I did a similar conversion (G17 reduced to G19-length gripframe) many years ago, and I very much like and endorse the concept (see my avatar photo, to the left of this post). If the longer slide is going into your pants anyway (IWB carry), there is no reason to deliberately handicap yourself with the shorter sight radius and reduced velocity of a subcompact model just to get better concealment.

When I did mine, I also took the opportunity to slightly re-contour the rear of the grip frame to better fit the curve of my hand, with very favorable results. 

Denner makes a good point, that the baby Glocks generally shoot very nearly as well as the longer models (for well-practiced shooters, at least), but not everyone is a highly skilled shooter with a nearly unlimited ammo budget. If you haven't shot a G26 yet, you may want to get your hands on one and run a few hundred rounds through it AND a G19, just so you know the comparative capabilities of both prior to spending money on a conversion.

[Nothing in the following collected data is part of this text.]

-- ===== src/Volume.antt =====
-- The chunks of a volume's stream: tunnel/volume_serialize.cpp. The streams of protobuf
-- (ZeroCopyOutputStream, ZeroCopyInputStream) are parameters: an output stream is the list of the
-- sizes of the buffers that its `Next` will offer, an input stream the list of the pieces that its
-- `Next` will hand out. `checksum` is what boost's CRC gives for all bytes processed so far.
mod Moved
mod Chunks
mod Written
mod Filled
mod ReadBack
mod RoundTrip
mod Tests
use aliyun_odps_sdk_cpp.Prelude.{
  ℕ, zero, suc, ◌+◌, ◌-◌, ◌*◌, ◌/◌, ◌%◌, ◌^◌, Bool, true, false, ◌||◌, Bytes, List, [], ◌∷◌, ◌++◌,
  length, take, drop, ltb, leb, ◌==◌, if◌then◌else◌,
}
use aliyun_odps_sdk_cpp.Result.{Result, ok, err, plain_error, undefined, out_of_fuel, ◌>>=◌}

-- An output stream: what was written, and the sizes of the buffers to come.
pub record Sink : Type 0 where
  pub written : Bytes
  pub offers : List ℕ

-- The loop of WriteInternal: what does not fill the buffer is backed up.
unfoldable pub write_buffers : List ℕ → Bytes → Bytes → Result Sink
write_buffers [] written [] = ok record { written = written; offers = [] }
write_buffers [] written (b ∷ bs) = err plain_error
write_buffers (n ∷ offers) written [] = ok record { written = written; offers = n ∷ offers }
write_buffers (n ∷ offers) written (b ∷ bs) =
    let rest = write_buffers offers (written ++ take n (b ∷ bs)) (drop n (b ∷ bs)) in
    if ltb (length (b ∷ bs)) n
    then ok record { written = written ++ b ∷ bs; offers = (n - length (b ∷ bs)) ∷ offers }
    else rest

-- `processed` is what the checksum has seen.
pub record VolumeSerializer : Type 0 where
  pub output : Sink
  pub bytes_out : ℕ
  pub processed : Bytes
  pub chunk_size : ℕ
  pub chunk_offset : ℕ
  pub header_completed : Bool

unfoldable pub new_volume_serializer : List ℕ → ℕ → VolumeSerializer
new_volume_serializer offers chunk_size = record {
  output = record { written = []; offers = offers };
  bytes_out = 0;
  processed = [];
  chunk_size = chunk_size;
  chunk_offset = 0;
  header_completed = false;
}

unfoldable pub write_internal : Bytes → VolumeSerializer → Result VolumeSerializer
write_internal buf s = write_buffers s.output.offers s.output.written buf >>= λ sink.
    ok record s { output = sink; bytes_out = s.bytes_out + length buf }

-- The four bytes of a uint32_t, the highest first.
unfoldable pub uint32_bytes : ℕ → Bytes
uint32_bytes v = (v / 16_777_216 % 256) ∷ (v / 65_536 % 256) ∷ (v / 256 % 256) ∷ (v % 256) ∷ []

-- The four bytes are counted twice.
unfoldable pub write_big_endian : ℕ → VolumeSerializer → Result VolumeSerializer
write_big_endian v s =
    write_internal (uint32_bytes v) s >>= λ t. ok record t { bytes_out = t.bytes_out + 4 }

-- The first call writes the size of the chunks.
unfoldable pub write_header : VolumeSerializer → Result VolumeSerializer
write_header s =
    if s.header_completed
    then ok s
    else write_big_endian s.chunk_size (record s { header_completed = true }) >>= λ t.
        ok record t { processed = t.processed ++ uint32_bytes s.chunk_size; chunk_offset = 0 }

-- What is left of the chunk, as a uint32_t.
unfoldable pub chunk_left : VolumeSerializer → ℕ
chunk_left s = (s.chunk_size + 4_294_967_296 - s.chunk_offset) % 4_294_967_296

unfoldable pub part_length : VolumeSerializer → Bytes → ℕ
part_length s buf = if ltb (chunk_left s) (length buf) then chunk_left s else length buf

-- The branch of Write's loop that writes a part of the data. What is left of the chunk is read as an
-- int: from 2^31 on it is negative.
unfoldable pub write_part : ℕ → Bytes → VolumeSerializer → Result VolumeSerializer
write_part len buf s =
    if leb 2_147_483_648 (chunk_left s)
    then err undefined
    else write_internal (take len buf) (record s { processed = s.processed ++ take len buf })
      >>= λ t. ok record t { chunk_offset = t.chunk_offset + len }

module _ (checksum : Bytes → ℕ) where
  unfoldable pub end_chunk : VolumeSerializer → Result VolumeSerializer
  end_chunk s = write_big_endian (checksum s.processed) s >>= λ t. ok record t { chunk_offset = 0 }

  -- Each turn ends a chunk or writes a part of the data.
  unfoldable pub write_chunks : ℕ → Bytes → VolumeSerializer → Result VolumeSerializer
  write_chunks fuel [] s = ok s
  write_chunks zero (b ∷ bs) s = err out_of_fuel
  write_chunks (suc fuel) (b ∷ bs) s =
      if s.chunk_offset == s.chunk_size
      then (end_chunk s >>= λ t. write_chunks fuel (b ∷ bs) t)
      else write_part (part_length s (b ∷ bs)) (b ∷ bs) s >>= λ t.
          write_chunks fuel (drop (part_length s (b ∷ bs)) (b ∷ bs)) t

  unfoldable pub write : Bytes → VolumeSerializer → Result VolumeSerializer
  write buf s = write_header s >>= λ t. write_chunks (2 * length buf) buf t

  unfoldable pub close : VolumeSerializer → Result VolumeSerializer
  close s = if s.chunk_offset == 0 then ok s else write_big_endian (checksum s.processed) s

-- `buffer` is what the last call of ReadInternal put into the buffer.
pub record VolumeDeserializer : Type 0 where
  pub input : List Bytes
  pub bytes_in : ℕ
  pub buffer_size : ℕ
  pub data_size : ℕ
  pub buffer : Bytes
  pub position : ℕ
  pub eof : Bool
  pub processed : Bytes
  pub chunk_size : ℕ
  pub header_completed : Bool

unfoldable pub new_volume_deserializer : List Bytes → ℕ → VolumeDeserializer
new_volume_deserializer input block_size = record {
  input = input;
  bytes_in = 0;
  buffer_size = block_size;
  data_size = 0;
  buffer = [];
  position = 0;
  eof = false;
  processed = [];
  chunk_size = 0;
  header_completed = false;
}

-- The loop of ReadInternal: what is read, and what the stream still has.
unfoldable pub read_pieces : List Bytes → ℕ → Bytes × List Bytes
read_pieces [] size = ([], [])
read_pieces (p ∷ pieces) zero = ([], p ∷ pieces)
read_pieces (p ∷ pieces) (suc size) =
    let (behind, rest) = read_pieces pieces (suc size - length p) in
    if ltb (suc size) (length p)
    then (take (suc size) p, drop (suc size) p ∷ pieces)
    else (p ++ behind, rest)

abbrev pub byte_of : Bytes → ℕ
byte_of [] = 0
byte_of (b ∷ bs) = b % 256

-- GetInt, on a buffer of at least four bytes.
unfoldable pub get_int : Bytes → ℕ
get_int buf =
    ((byte_of buf * 256 + byte_of (drop 1 buf)) * 256 + byte_of (drop 2 buf)) * 256
    + byte_of (drop 3 buf)

unfoldable pub read_buffer : ℕ → VolumeDeserializer → Bytes × VolumeDeserializer
read_buffer size r =
    let free = r.data_size - r.position in
    let len = if ltb free size then free else size in
    if leb r.data_size r.position
    then ([], r)
    else (take len (drop r.position r.buffer), record r { position = r.position + len })

abbrev pub max_chunk_size : ℕ
max_chunk_size = 268_435_456

abbrev pub min_chunk_size : ℕ
min_chunk_size = 1

-- What the first call of Read finds where the header stands.
unfoldable pub take_header : Bytes → VolumeDeserializer → Result VolumeDeserializer
take_header buf r =
    if ltb max_chunk_size (get_int buf) || ltb (get_int buf) min_chunk_size
    then err plain_error
    else ok record r {
      processed = r.processed ++ buf;
      chunk_size = get_int buf;
      buffer_size = get_int buf + 4;
    }

module _ (checksum : Bytes → ℕ) where
  unfoldable pub check_chunk : VolumeDeserializer → ℕ → Result VolumeDeserializer
  check_chunk r nread =
      if get_int (drop r.data_size r.buffer) == checksum r.processed
      then ok record r { bytes_in = r.bytes_in + nread }
      else err plain_error

  -- What ReadInternal put into the buffer is a chunk and its checksum.
  unfoldable pub take_chunk : Bytes → VolumeDeserializer → Result VolumeDeserializer
  take_chunk buf r =
      if length buf == 0
      then ok record r { eof = true }
      else if leb 4 (length buf)
      then check_chunk
          record r {
            buffer = buf;
            data_size = length buf - 4;
            position = 0;
            processed = r.processed ++ take (length buf - 4) buf;
          }
          (length buf)
      else err plain_error

  unfoldable pub fill_buffer : VolumeDeserializer → Result VolumeDeserializer
  fill_buffer r =
      let (buf, rest) = read_pieces r.input r.buffer_size in
      if ltb r.position r.data_size
      then ok r
      else take_chunk buf (record r { input = rest; bytes_in = r.bytes_in + length buf })

  unfoldable pub read_again : ℕ → Bytes × VolumeDeserializer → Result (Bytes × VolumeDeserializer)
  read_again size (b ∷ bs, r) = ok (b ∷ bs, r)
  read_again size ([], r) =
      if r.eof then ok ([], r) else (fill_buffer r >>= λ s. ok (read_buffer size s))

  unfoldable pub read_header : ℕ → Bytes → VolumeDeserializer → Result (Bytes × VolumeDeserializer)
  read_header size buf r =
      if length buf == 0
      then ok ([], record r { eof = true })
      else if length buf == 4
      then (take_header buf r >>= λ s. read_again size (read_buffer size s))
      else err plain_error

  unfoldable pub read : ℕ → VolumeDeserializer → Result (Bytes × VolumeDeserializer)
  read size r =
      let (buf, rest) = read_pieces r.input 4 in
      if r.header_completed
      then read_again size (read_buffer size r)
      else read_header size buf
          record r { input = rest; bytes_in = r.bytes_in + length buf; header_completed = true }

As long as you realize you are seriously reducing the potential resale value of your pistol, and you are okay with that, then there is no real reason NOT to do it, in my opinion. Other folks may not agree, but customized pistols of any type are customized based on the wants/needs of the owner, not other folks'.


----------



## SouthernBoy (Jun 27, 2007)

Recoil with the 9mm in either of these guns is pretty much a non-issue. I have a Kahr PM9 which weights only 14 ounces and is smaller than a G26 and it handles 9mm just fine. So a G26 is not going to be a concern recoil wise. What is going to be a concern is the lower round capacity if anything. Between these two choices for me it would be a no-brainer; the G19 would get the nod. However in your situation, the G26 does make a lot of sense. They do conceal better and you could carry a G19 magazine as a backup. To increase your purchase on the G26, consider a Pierce magazine extension in its +1 configuration. I have this on both my G26 and G27 and it does help your grip.


----------



## jbultman (Mar 26, 2013)

Alright sounds good, thanks for the help guys... 26 it is then


----------



## STEPHANO (Aug 24, 2013)

Good choice! I love mine.....


----------